Embryonic Tissue Layer Origins
- Diploblasts:
- Animals with two germ layers (ectoderm and endoderm).
- Triploblasts:
- Animals with three germ layers (ectoderm, mesoderm, endoderm).
- Gastrulation Process:
- Formation of germ layers and the future developmental pathways.
- Types of Coeloms:
- Coelomates (enclosed coelom), Acoelomates (no coelom), Pseudocoelomates (partially lined coelom).
- Coelom evolution predicted from gradual transitions in body plans.
Protostomes vs.
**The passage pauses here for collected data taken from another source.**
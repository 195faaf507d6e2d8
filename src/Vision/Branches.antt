-- ===== src/Vision/Branches.antt =====
-- crates/clash-proxynet/src/vision.rs: the branches of the loop of poll_read, by what the state
-- says.
use rust_clash.Common.{
  ℕ, ◌+◌, ◌-◌, ◌<◌, ◌≤◌, ◌≡◌, refl, ◌∙◌, ap, true, false, ◌&&◌, ◌||◌, Option, none, some, List, [],
  ◌∷◌, ◌++◌, arith, length, take, drop, at, ltb, ◌==◌, from_be16, from_be16-be16, list_beq, nat_eq,
  beq_refl, list_eq,
}
use mathlib.Core.List.{append_assoc}
use Prim.Native.Nat.{min}
use rust_clash.Io.{Poll, Next}
use rust_clash.Vision.{
  VisionRead, Mode, cmd_continue, cmd_end, max_frame, consume, fill_from_session, try_decide,
  read_frame_header, finish_framing, read_framed,
}
use rust_clash.Vision.Frames.{frame_of, IsFrame}
use rust_clash.Vision.Due.{state}

-- The header of a frame that fits, in front of the buffer.
pub header_lem :
    (start : ℕ) (buffered : List ℕ) (c e : ℕ) (bytes : List ℕ) (command : ℕ)
    (content padding more : List ℕ)
    → 5 ≤ length buffered
    → IsFrame (content, padding)
    → buffered ++ bytes ≡ frame_of command content padding ++ more
    → (read_frame_header (state Mode.framed start buffered c 0 0 e) ≡ (
      true,
      state Mode.framed (start + 5) (drop 5 buffered) command (length content) (length padding) 0,
    ))
      × (drop 5 buffered ++ bytes ≡ content ++ (padding ++ more))
unfolding read_frame_header
header_lem start [] c e bytes command content padding more h f eq = absurd (omega arith)
header_lem start (b0 ∷ []) c e bytes command content padding more h f eq = absurd (omega arith)
header_lem start (b0 ∷ b1 ∷ []) c e bytes command content padding more h f eq = absurd (omega arith)
header_lem start (b0 ∷ b1 ∷ b2 ∷ []) c e bytes command content padding more h f eq =
    absurd (omega arith)
header_lem start (b0 ∷ b1 ∷ b2 ∷ b3 ∷ []) c e bytes command content padding more h f eq =
    absurd (omega arith)
header_lem start (b0 ∷ b1 ∷ b2 ∷ b3 ∷ b4 ∷ buffered) c e bytes command content padding more h f eq =
    let byte : (i : ℕ)
        → at (b0 ∷ b1 ∷ b2 ∷ b3 ∷ b4 ∷ (buffered ++ bytes)) i
          ≡ at (frame_of command content padding ++ more) i =
      λ i. ap (λ l. at l i) eq in
    let e0 : b0 ≡ command = byte 0 in
    let e12 : from_be16 b1 b2 ≡ length content =
      omega (arith, byte 1, byte 2, f, from_be16-be16 (length content) (omega (arith, f))) in
    let e34 : from_be16 b3 b4 ≡ length padding =
      omega (arith, byte 3, byte 4, f, from_be16-be16 (length padding) (omega (arith, f))) in
    let fits : ltb max_frame (length content + length padding + 5) ≡ false = ground (arith, f) in
    let full : ltb 0 (length content) ≡ true = ground (arith, f) in
    (rw (e0, e12, e34, fits, full) refl, ap (drop 5) eq ∙ append_assoc content padding more)

list_beq_self : (l : List ℕ) → list_beq l l ≡ true
list_beq_self l = beq_refl l

module _ (uuid : List ℕ) where
  pub try_decide-none :
      (s : VisionRead)
      → take (min (length s.buffered) 16) s.buffered ≡ take (min (length s.buffered) 16) uuid
      → length s.buffered < 21
      → try_decide uuid s ≡ none
  unfolding try_decide
  try_decide-none s same few =
      let short : ltb (length s.buffered) 21 ≡ true = ground arith in
      rw (same, list_beq_self, short) (ground arith)

  pub try_decide-some :
      (s : VisionRead)
      → take (min (length s.buffered) 16) s.buffered ≡ take (min (length s.buffered) 16) uuid
      → 21 ≤ length s.buffered
      → try_decide uuid s ≡ some (record (consume 16 s) { mode = Mode.framed })
  unfolding try_decide
  try_decide-some s same many =
      let long : ltb (length s.buffered) 21 ≡ false = ground arith in
      rw (same, list_beq_self, long) (ground arith)

module _ (uuid : List ℕ) (detach : List ℕ → Option (List ℕ)) where
  -- The branches of the loop, by what the state says.
  module _ (loop : VisionRead → Next VisionRead) (room : ℕ) (s : VisionRead) where
    pub framed_content :
        0 < s.remaining_content
        → 0 < length s.buffered
        → (let n = min (min s.remaining_content (length s.buffered)) room in
            read_framed uuid detach loop room s
            ≡ Next.stop
                (Poll.ready (take n s.buffered))
                (record (consume n s) { remaining_content = s.remaining_content - n }))
    unfolding read_framed
    framed_content h k =
        let left : (s.remaining_content == 0) ≡ false = ground arith in
        let some_in : (length s.buffered == 0) ≡ false = ground arith in
        let wanted : ltb 0 s.remaining_content ≡ true = ground arith in
        rw (left, some_in, wanted) refl

    pub framed_empty :
        0 < s.remaining_content + s.remaining_padding
        → length s.buffered ≡ 0
        → read_framed uuid detach loop room s ≡ fill_from_session s
    unfolding read_framed
    framed_empty h k =
        let left : (s.remaining_content == 0 && s.remaining_padding == 0) ≡ false = ground arith in
        let none_in : (length s.buffered == 0) ≡ true = ground arith in rw (left, none_in) refl

    pub framed_skip :
        s.remaining_content ≡ 0
        → 0 < s.remaining_padding
        → 0 < length s.buffered
        → (let skip = min s.remaining_padding (length s.buffered) in
            read_framed uuid detach loop room s
            ≡ loop (record (consume skip s) { remaining_padding = s.remaining_padding - skip }))
    unfolding read_framed
    framed_skip h k l =
        let left : (s.remaining_content == 0 && s.remaining_padding == 0) ≡ false = ground arith in
        let some_in : (length s.buffered == 0) ≡ false = ground arith in
        let none_wanted : ltb 0 s.remaining_content ≡ false = ground arith in
        rw (left, some_in, none_wanted) refl

    pub framed_end :
        s.remaining_content ≡ 0
        → s.remaining_padding ≡ 0
        → s.command ≡ cmd_end
        → read_framed uuid detach loop room s ≡ loop (finish_framing uuid detach s)
    unfolding read_framed
    framed_end h k c =
        let over : (s.remaining_content == 0 && s.remaining_padding == 0) ≡ true = ground arith in
        let last : (s.command == 1 || s.command == 2) ≡ true = ground arith in rw (over, last) refl

    pub framed_short :
        s.remaining_content ≡ 0
        → s.remaining_padding ≡ 0
        → s.command ≡ cmd_continue
        → length s.buffered < 5
        → read_framed uuid detach loop room s ≡ fill_from_session s
    unfolding read_framed
    framed_short h k c few =
        let over : (s.remaining_content == 0 && s.remaining_padding == 0) ≡ true = ground arith in
        let more : (s.command == 1 || s.command == 2) ≡ false = ground arith in
        let short : ltb (length s.buffered) 5 ≡ true = ground arith in rw (over, more, short) refl

    pub framed_header :
        s.remaining_content ≡ 0
        → s.remaining_padding ≡ 0
        → s.command ≡ cmd_continue
        → 5 ≤ length s.buffered
        → (read_frame_header s).0 ≡ true
        → read_framed uuid detach loop room s ≡ loop (read_frame_header s).1
    unfolding read_framed
    framed_header h k c many ok =
        let over : (s.remaining_content == 0 && s.remaining_padding == 0) ≡ true = ground arith in
        let more : (s.command == 1 || s.command == 2) ≡ false = ground arith in
        let enough : ltb (length s.buffered) 5 ≡ false = ground arith in
        rw (over, more, enough, ok) refl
Deuterostomes
- Developmental pathways showing differences in cleavage, coelom formation, and blastopore fate.
Segmentation
- Definition: Division of body into repeating segments; particularly evident in Annelida and Arthropoda.
- Evolution of segmentation associated with Hox genes and adaptive body forms.
Diversification of Tissues
- The genetic tool kit for muscle evolution, including actin and myosin, with similar components found across lineages.
Sensory Systems
- Different sensory organs (sight, sound, touch) evolved to meet ecological roles, with examples such as compound eyes in arthropods.
- Mechanoreception including organ systems like hair cells in ears for detecting sound and pressure.
Feeding Mechanisms
- Various feeding strategies such as deposit feeders, suspension feeders, fluid feeders, and mass feeders linked with mouthpart adaptations.
Digestive Systems
- Two types of digestive tracts: incomplete and complete, detailing their advantages.
- Special adaptations in digestive tracts, notably in vertebrates and ruminants for handling cellulose.
Movement Innovations
- Types of limbs and skeletal systems facilitating movement (hydrostatic skeletons in annelids; endoskeletons in vertebrates).
- Comparative anatomy showing how diverse animal forms achieve locomotion.
Reproductive Strategies
- Modes of reproduction in animals: asexual, internal fertilization, external fertilization, and different embryonic development strategies (viviparous, oviparous, and ovoviviparous).
Conclusion
- Animal evolution is marked by significant innovations in structure, function, and adaptability, defining their ecological roles and diversifying life forms.